Whenever the string "ManagementAuditEvent" appears in a line below, please copy the line out.
━━━ GIVEN INFORMATION
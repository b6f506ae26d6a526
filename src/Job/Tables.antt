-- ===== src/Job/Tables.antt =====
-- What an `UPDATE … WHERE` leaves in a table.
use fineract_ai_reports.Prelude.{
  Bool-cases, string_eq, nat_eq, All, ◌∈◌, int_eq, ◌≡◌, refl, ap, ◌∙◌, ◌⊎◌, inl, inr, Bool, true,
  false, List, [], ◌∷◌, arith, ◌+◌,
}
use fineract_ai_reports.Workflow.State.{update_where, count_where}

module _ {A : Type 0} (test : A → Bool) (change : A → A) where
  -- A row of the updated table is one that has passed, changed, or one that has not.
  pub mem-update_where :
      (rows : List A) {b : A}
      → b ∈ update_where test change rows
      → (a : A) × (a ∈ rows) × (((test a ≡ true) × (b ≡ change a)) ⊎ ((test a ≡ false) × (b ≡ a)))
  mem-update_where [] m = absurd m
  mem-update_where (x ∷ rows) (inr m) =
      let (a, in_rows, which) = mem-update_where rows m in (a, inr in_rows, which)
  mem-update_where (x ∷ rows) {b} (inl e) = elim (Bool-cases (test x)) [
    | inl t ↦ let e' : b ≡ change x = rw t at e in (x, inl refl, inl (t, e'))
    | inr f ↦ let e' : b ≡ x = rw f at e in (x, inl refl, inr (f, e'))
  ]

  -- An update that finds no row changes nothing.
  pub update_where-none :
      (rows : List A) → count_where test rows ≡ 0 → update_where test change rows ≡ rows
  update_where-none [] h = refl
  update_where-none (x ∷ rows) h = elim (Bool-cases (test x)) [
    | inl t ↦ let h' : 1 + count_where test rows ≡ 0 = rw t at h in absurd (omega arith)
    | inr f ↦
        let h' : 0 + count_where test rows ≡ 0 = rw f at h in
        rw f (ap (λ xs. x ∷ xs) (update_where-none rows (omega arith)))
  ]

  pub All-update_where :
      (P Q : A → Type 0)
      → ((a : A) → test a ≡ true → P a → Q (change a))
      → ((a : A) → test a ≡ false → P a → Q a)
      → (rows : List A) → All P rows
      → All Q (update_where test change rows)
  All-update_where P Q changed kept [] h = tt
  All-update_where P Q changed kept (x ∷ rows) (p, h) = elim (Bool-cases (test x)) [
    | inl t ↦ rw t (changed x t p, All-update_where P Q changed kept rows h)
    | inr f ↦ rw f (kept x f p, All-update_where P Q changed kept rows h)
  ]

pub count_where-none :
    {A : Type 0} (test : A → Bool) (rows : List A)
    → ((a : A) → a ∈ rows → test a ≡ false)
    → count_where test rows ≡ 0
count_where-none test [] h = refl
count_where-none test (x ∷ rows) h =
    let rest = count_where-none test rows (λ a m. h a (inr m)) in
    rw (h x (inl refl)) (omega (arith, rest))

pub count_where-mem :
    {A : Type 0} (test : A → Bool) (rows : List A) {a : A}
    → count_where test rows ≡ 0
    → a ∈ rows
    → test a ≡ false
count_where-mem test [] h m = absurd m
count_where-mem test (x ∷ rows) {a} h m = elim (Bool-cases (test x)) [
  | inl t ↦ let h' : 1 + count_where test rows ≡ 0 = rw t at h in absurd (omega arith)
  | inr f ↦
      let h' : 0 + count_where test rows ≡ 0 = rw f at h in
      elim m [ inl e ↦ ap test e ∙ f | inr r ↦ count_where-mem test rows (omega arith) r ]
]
━━━━━━
━━━ GIVEN INFORMATION
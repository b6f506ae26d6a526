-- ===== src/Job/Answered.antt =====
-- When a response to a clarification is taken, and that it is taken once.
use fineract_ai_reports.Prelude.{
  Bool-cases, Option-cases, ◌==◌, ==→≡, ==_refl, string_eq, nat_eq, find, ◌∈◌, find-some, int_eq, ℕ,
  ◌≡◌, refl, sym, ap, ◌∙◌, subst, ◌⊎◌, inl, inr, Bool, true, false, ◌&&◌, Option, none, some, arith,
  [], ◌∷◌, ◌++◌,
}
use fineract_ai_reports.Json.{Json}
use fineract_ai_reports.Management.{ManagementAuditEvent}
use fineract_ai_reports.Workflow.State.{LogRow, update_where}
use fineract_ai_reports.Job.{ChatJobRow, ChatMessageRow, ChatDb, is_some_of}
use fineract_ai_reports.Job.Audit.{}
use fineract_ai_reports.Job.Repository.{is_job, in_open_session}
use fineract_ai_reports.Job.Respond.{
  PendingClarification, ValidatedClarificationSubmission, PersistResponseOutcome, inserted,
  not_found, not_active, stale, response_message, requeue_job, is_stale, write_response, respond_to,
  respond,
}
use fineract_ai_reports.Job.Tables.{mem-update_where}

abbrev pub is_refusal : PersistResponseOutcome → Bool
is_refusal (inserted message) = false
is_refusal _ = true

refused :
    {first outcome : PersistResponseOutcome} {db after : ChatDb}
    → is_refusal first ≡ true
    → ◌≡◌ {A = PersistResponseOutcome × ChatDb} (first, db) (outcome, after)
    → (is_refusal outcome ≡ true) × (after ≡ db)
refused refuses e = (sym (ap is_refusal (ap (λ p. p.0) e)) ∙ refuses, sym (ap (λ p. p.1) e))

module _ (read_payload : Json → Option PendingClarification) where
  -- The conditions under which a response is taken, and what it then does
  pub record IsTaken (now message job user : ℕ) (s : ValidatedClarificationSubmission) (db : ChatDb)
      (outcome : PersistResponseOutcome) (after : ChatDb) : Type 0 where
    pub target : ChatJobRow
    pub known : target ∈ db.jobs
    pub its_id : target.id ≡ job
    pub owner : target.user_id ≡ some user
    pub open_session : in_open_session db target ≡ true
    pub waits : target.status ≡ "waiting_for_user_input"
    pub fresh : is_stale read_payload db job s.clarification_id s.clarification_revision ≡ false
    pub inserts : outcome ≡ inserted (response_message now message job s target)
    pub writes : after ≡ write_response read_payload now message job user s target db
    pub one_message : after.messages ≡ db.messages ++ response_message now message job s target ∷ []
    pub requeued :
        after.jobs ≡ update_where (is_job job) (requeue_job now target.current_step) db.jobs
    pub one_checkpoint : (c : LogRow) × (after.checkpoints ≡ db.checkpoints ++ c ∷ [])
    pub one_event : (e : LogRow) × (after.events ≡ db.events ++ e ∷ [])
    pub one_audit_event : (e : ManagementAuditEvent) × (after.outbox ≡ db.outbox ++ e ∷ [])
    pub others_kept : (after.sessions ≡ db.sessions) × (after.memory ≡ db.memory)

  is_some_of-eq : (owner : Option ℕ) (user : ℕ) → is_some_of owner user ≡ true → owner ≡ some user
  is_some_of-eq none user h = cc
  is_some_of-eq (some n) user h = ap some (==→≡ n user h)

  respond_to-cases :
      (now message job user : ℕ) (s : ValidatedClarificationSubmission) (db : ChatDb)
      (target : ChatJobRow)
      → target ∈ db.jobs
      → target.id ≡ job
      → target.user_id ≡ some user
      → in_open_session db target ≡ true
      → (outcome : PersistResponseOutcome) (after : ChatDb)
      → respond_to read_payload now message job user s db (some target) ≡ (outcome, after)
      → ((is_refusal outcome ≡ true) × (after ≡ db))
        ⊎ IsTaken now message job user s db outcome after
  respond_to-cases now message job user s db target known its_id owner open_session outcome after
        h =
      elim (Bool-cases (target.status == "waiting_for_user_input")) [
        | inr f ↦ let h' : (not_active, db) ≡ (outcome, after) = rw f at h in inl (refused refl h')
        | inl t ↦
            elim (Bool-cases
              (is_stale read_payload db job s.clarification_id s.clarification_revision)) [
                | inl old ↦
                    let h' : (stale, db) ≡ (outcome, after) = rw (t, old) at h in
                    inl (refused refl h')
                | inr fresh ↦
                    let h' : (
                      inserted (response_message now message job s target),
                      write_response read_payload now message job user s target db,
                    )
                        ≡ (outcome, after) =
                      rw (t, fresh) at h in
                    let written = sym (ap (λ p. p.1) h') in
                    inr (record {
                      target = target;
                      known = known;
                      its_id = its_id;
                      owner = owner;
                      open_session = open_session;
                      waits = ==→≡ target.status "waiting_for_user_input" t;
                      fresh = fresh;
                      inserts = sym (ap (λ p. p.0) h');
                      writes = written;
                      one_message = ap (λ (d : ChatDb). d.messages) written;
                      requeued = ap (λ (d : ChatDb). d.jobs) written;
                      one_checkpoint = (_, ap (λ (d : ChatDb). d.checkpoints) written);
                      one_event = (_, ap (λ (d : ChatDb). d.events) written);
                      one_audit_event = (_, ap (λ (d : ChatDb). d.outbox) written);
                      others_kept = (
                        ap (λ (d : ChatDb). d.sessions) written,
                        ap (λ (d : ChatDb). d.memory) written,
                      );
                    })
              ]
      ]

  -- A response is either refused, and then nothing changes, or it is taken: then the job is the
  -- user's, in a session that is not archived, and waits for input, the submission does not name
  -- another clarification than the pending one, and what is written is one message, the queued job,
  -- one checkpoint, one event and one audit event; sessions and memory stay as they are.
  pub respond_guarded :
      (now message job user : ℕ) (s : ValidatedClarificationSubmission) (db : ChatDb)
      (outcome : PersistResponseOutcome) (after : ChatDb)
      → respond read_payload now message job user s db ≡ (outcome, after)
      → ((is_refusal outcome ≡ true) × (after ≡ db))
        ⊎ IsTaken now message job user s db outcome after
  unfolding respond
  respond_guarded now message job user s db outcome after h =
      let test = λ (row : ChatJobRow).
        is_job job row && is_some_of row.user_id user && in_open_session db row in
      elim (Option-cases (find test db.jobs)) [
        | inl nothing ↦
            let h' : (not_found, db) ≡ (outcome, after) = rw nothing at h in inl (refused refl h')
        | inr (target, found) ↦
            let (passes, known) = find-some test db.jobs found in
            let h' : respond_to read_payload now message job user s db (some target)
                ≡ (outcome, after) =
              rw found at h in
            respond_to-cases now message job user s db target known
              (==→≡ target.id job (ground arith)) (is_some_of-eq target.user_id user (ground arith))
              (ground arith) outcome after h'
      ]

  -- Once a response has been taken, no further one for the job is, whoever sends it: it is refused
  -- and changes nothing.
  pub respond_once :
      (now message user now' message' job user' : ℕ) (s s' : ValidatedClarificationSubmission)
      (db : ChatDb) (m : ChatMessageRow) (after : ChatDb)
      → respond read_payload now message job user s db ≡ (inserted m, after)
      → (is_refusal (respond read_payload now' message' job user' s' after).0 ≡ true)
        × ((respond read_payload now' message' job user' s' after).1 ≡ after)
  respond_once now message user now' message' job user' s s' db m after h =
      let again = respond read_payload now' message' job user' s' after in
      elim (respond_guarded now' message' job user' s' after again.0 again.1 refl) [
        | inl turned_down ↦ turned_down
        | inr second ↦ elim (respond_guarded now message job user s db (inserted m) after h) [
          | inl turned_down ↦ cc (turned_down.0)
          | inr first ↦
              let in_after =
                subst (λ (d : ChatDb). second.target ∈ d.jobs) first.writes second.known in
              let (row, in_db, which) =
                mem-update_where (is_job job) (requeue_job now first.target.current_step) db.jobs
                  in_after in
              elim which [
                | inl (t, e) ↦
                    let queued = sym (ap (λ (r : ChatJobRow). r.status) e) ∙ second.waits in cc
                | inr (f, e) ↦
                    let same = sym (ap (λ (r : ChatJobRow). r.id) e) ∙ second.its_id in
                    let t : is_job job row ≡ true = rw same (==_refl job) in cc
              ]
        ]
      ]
━━━━━━
WRITTEN REPLY:
use fineract_ai_reports.Management.{ManagementAuditEvent}
    pub one_audit_event : (e : ManagementAuditEvent) × (after.outbox ≡ db.outbox ++ e ∷ [])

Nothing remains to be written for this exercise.